2009-10-21	Bring back the insert_thread_id function.	Carl Worth
	We deleted this in favor of our fancy new thread_ids iterator from the message object. But one of the previous callers of insert_thread_id isn't using notmuch_message_t yet. I made the mistake of thinking I could just call g_hash_table_insert directly, but the problem was that nobody was splitting up the thread_id string at its commas. So with this, we were inserting bogus comma-separated IDs into the hash table, so thread_id values were ballooning out of control. Should be much better now.

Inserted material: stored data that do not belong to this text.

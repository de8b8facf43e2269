-- ===== src/Prelude/Distinct.antt =====
-- Lists of numbers without duplicates, and what the list operations keep of them.
use Prim.Native.Nat.{ℕ, zero, suc, ◌≤◌}
use mathlib.Core.Path.{◌≡◌, refl, sym, ap}
use mathlib.Core.Logic.{◌≢◌, ◌⊎◌, inl, inr}
use mathlib.Core.Bool.{Bool, true, false}
use mathlib.Core.Option.{Option, none, some}
use mathlib.Core.List.{List, [], ◌∷◌, ◌++◌, map}
use native.Mathlib.Omega.{arith}
use stulp.Prelude.Tests.{Bool-cases, Option-cases}
use stulp.Prelude.Lists.{length, get_elem?, set, All, find, located, locate, retain, remove_at}

-- No number stands twice.
abbrev pub Nodup : List ℕ → Type 0
Nodup [] = Unit
Nodup (x ∷ xs) = All (λ y. y ≢ x) xs × Nodup xs

pub Nodup-snoc : (xs : List ℕ) (x : ℕ) → Nodup xs → All (λ y. y ≢ x) xs → Nodup (xs ++ x ∷ [])
Nodup-snoc [] x d h = (tt, tt)
Nodup-snoc (y ∷ ys) x (a, d) (ne, h) = (all_snoc ys a, Nodup-snoc ys x d h)
  where
    all_snoc : (zs : List ℕ) → All (λ z. z ≢ y) zs → All (λ z. z ≢ y) (zs ++ x ∷ [])
    all_snoc [] g = ((λ e. ne (sym e)), tt)
    all_snoc (z ∷ zs) (g, gs) = (g, all_snoc zs gs)

pub All-snoc {ℓ κ} :
    {A : Type ℓ} (P : A → Type κ) (xs : List A) (x : A) → All P xs → P x → All P (xs ++ x ∷ [])
All-snoc P [] x h p = (p, tt)
All-snoc P (y ∷ ys) x (g, h) p = (g, All-snoc P ys x h p)

pub All-mono {ℓ κ μ} :
    {A : Type ℓ} (P : A → Type κ) (Q : A → Type μ) (xs : List A)
    → ((x : A) → P x → Q x)
    → All P xs
    → All Q xs
All-mono P Q [] f h = tt
All-mono P Q (x ∷ xs) f (p, h) = (f x p, All-mono P Q xs f h)

module _ {ℓ} {A : Type ℓ} where
  located-eq-some :
      (b : Bool) (y : A) (rest : Option (ℕ × A)) {i : ℕ} {x : A}
      → located b y rest ≡ some (i, x)
      → ((0 ≡ i) × (y ≡ x) × (b ≡ true)) ⊎ ((j : ℕ) × (suc j ≡ i) × (rest ≡ some (j, x)))
  located-eq-some true y rest h = inl (cc h, cc h, refl)
  located-eq-some false y none h = absurd (cc h)
  located-eq-some false y (some (j, z)) {x = x} h =
      let same : z ≡ x = cc h in inr (j, cc h, ap (λ (t : A). some (j, t)) same)

  pub locate-eq-some :
      (test : A → Bool) (xs : List A) {i : ℕ} {x : A}
      → locate test xs ≡ some (i, x)
      → (get_elem? xs i ≡ some x) × (test x ≡ true)
  locate-eq-some test [] h = absurd (cc h)
  locate-eq-some test (y ∷ ys) h = elim (located-eq-some (test y) y (locate test ys) h) [
    | inl (ei, ex, hit) ↦ (rw (sym ei) (ap (λ (t : A). some t) ex), rw (sym ex) hit)
    | inr (j, ej, later) ↦ let (p, q) = locate-eq-some test ys later in (rw (sym ej) p, q)
  ]

  -- What `find` gives stands where `locate` says.
  pub find-locate :
      (test : A → Bool) (xs : List A)
      → find test xs ≡ elim (locate test xs) [ none ↦ none | some (i, x) ↦ some x ]
  find-locate test [] = refl
  find-locate test (x ∷ xs) = elim (Bool-cases (test x)) [
    | inl hit ↦ rw hit refl
    | inr miss ↦ elim (Option-cases (locate test xs)) [
      | inl gone ↦ rw (miss, gone) (rw gone at (find-locate test xs))
      | inr ((i, y), found) ↦ rw (miss, found) (rw found at (find-locate test xs))
    ]
  ]

  -- The element that `find` gives is replaced by one that passes the test too.
  pub find-set :
      (test : A → Bool) (xs : List A) (i : ℕ) (x y : A)
      → locate test xs ≡ some (i, x)
      → test y ≡ true
      → find test (set xs i y) ≡ some y
  find-set test [] i x y h e = absurd (cc h)
  find-set test (z ∷ zs) i x y h e = elim (located-eq-some (test z) z (locate test zs) h) [
    | inl (here, same, hit) ↦ rw (sym here, e) refl
    | inr (j, there, later) ↦ elim (Bool-cases (test z)) [
      | inl hit ↦ absurd (clash (rw hit at h) there)
      | inr miss ↦ rw (sym there, miss) (find-set test zs j x y later e)
    ]
  ]
    where
      clash :
          {z x : A} {i j : ℕ} → ◌≡◌ {A = Option (ℕ × A)} (some (0, z)) (some (i, x)) → suc j ≡ i → ⊥
      clash g there = cc (g, there)

  pub map-set :
      (f : A → ℕ) (xs : List A) (i : ℕ) (x y : A)
      → get_elem? xs i ≡ some x
      → f y ≡ f x
      → map f (set xs i y) ≡ map f xs
  map-set f [] i x y h e = refl
  map-set f (z ∷ zs) zero x y h e = let same : z ≡ x = cc h in rw (e, same) refl
  map-set f (z ∷ zs) (suc i) x y h e = ap (λ (t : List ℕ). f z ∷ t) (map-set f zs i x y h e)

  pub All-set {κ} :
      (P : A → Type κ) (xs : List A) (i : ℕ) (y : A) → All P xs → P y → All P (set xs i y)
  All-set P [] i y h p = tt
  All-set P (z ∷ zs) zero y (g, h) p = (p, h)
  All-set P (z ∷ zs) (suc i) y (g, h) p = (g, All-set P zs i y h p)

  pub All-get_elem? {κ} :
      (P : A → Type κ) (xs : List A) (i : ℕ) {x : A} → All P xs → get_elem? xs i ≡ some x → P x
  All-get_elem? P [] i h e = absurd (cc e)
  All-get_elem? P (z ∷ zs) zero {x} (g, h) e = let same : z ≡ x = cc e in rw (sym same) g
  All-get_elem? P (z ∷ zs) (suc i) (g, h) e = All-get_elem? P zs i h e

  pub length-retain : (test : A → Bool) (xs : List A) → length (retain test xs) ≤ length xs
  length-retain test [] = omega arith
  length-retain test (x ∷ xs) = ground (arith, length-retain test xs)

  pub All-retain {κ} :
      (P : A → Type κ) (test : A → Bool) (xs : List A) → All P xs → All P (retain test xs)
  All-retain P test [] h = tt
  All-retain P test (x ∷ xs) (g, h) = elim (Bool-cases (test x)) [
    | inl hit ↦ rw hit (g, All-retain P test xs h)
    | inr miss ↦ rw miss (All-retain P test xs h)
  ]

  All-map-retain {κ} :
      (P : ℕ → Type κ) (f : A → ℕ) (test : A → Bool) (xs : List A)
      → All P (map f xs)
      → All P (map f (retain test xs))
  All-map-retain P f test [] h = tt
  All-map-retain P f test (x ∷ xs) (g, h) = elim (Bool-cases (test x)) [
    | inl hit ↦ rw hit (g, All-map-retain P f test xs h)
    | inr miss ↦ rw miss (All-map-retain P f test xs h)
  ]

  pub Nodup-retain :
      (f : A → ℕ) (test : A → Bool) (xs : List A)
      → Nodup (map f xs)
      → Nodup (map f (retain test xs))
  Nodup-retain f test [] h = tt
  Nodup-retain f test (x ∷ xs) (g, h) = elim (Bool-cases (test x)) [
    | inl hit ↦ rw hit (All-map-retain (λ y. y ≢ f x) f test xs g, Nodup-retain f test xs h)
    | inr miss ↦ rw miss (Nodup-retain f test xs h)
  ]

  pub length-remove_at : (i : ℕ) (xs : List A) → length (remove_at i xs) ≤ length xs
  length-remove_at i [] = omega arith
  length-remove_at zero (x ∷ xs) = omega arith
  length-remove_at (suc i) (x ∷ xs) = omega (arith, length-remove_at i xs)

  pub All-remove_at {κ} : (P : A → Type κ) (i : ℕ) (xs : List A) → All P xs → All P (remove_at i xs)
  All-remove_at P i [] h = tt
  All-remove_at P zero (x ∷ xs) (g, h) = h
  All-remove_at P (suc i) (x ∷ xs) (g, h) = (g, All-remove_at P i xs h)

  All-map-remove_at {κ} :
      (P : ℕ → Type κ) (f : A → ℕ) (i : ℕ) (xs : List A)
      → All P (map f xs)
      → All P (map f (remove_at i xs))
  All-map-remove_at P f i [] h = tt
  All-map-remove_at P f zero (x ∷ xs) (g, h) = h
  All-map-remove_at P f (suc i) (x ∷ xs) (g, h) = (g, All-map-remove_at P f i xs h)

  pub Nodup-remove_at :
      (f : A → ℕ) (i : ℕ) (xs : List A) → Nodup (map f xs) → Nodup (map f (remove_at i xs))
  Nodup-remove_at f i [] h = tt
  Nodup-remove_at f zero (x ∷ xs) (g, h) = h
  Nodup-remove_at f (suc i) (x ∷ xs) (g, h) =
      (All-map-remove_at (λ y. y ≢ f x) f i xs g, Nodup-remove_at f i xs h)

  pub map-snoc : (f : A → ℕ) (xs : List A) (x : A) → map f (xs ++ x ∷ []) ≡ map f xs ++ f x ∷ []
  map-snoc f [] x = refl
  map-snoc f (y ∷ ys) x = ap (λ (t : List ℕ). f y ∷ t) (map-snoc f ys x)

  pub All-map {κ} :
      (P : ℕ → Type κ) (f : A → ℕ) (xs : List A) → All (λ x. P (f x)) xs → All P (map f xs)
  All-map P f [] h = tt
  All-map P f (x ∷ xs) (g, h) = (g, All-map P f xs h)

2009-10-21	Fix lifetime-maintenance bug with std::string and c_str()	Carl Worth
	Here's more evidence that C++ is a nightmare to program---or that I'm smart enough to realize that C++ is more clever than I will ever be. Most of my issues with C++ have to do with it hiding things from me that I'd really like to and expect to be aware of as a C programmer. For example, the specific problem here is that there's a short-lived std::string, from which I just want to copy the C string. I try to do that on the next line, but before I can, C++ has already called the destructor on the std::string. Now, C++ isn't alone in doing garbage collecting like this. But in a real garbage-collecting system, everything would work that way. For example, here, I'm still holding a pointer to the C string contents, so if the garbage collector were aware of that reference, then it might clean up the std::string container and leave the data I'm still using. But that's not what we get with C++. Instead, some things are reference counted and collected, (like the std::string), and some things just aren't (like the C string it contains). The end result is that it's very fragile. It forces me to be aware of the timing of hidden functions. In a "real" system I wouldn't have to be aware of that timing, and in C the function just wouldn't be hidden.
2009-10-21	List a few more co-conspirators.	Carl Worth
	Keith's name already shows up in the git log, so it would be wrong to not mention him. And Martin and Jamey have been helpful in discussions about what an ideal mail system would look like.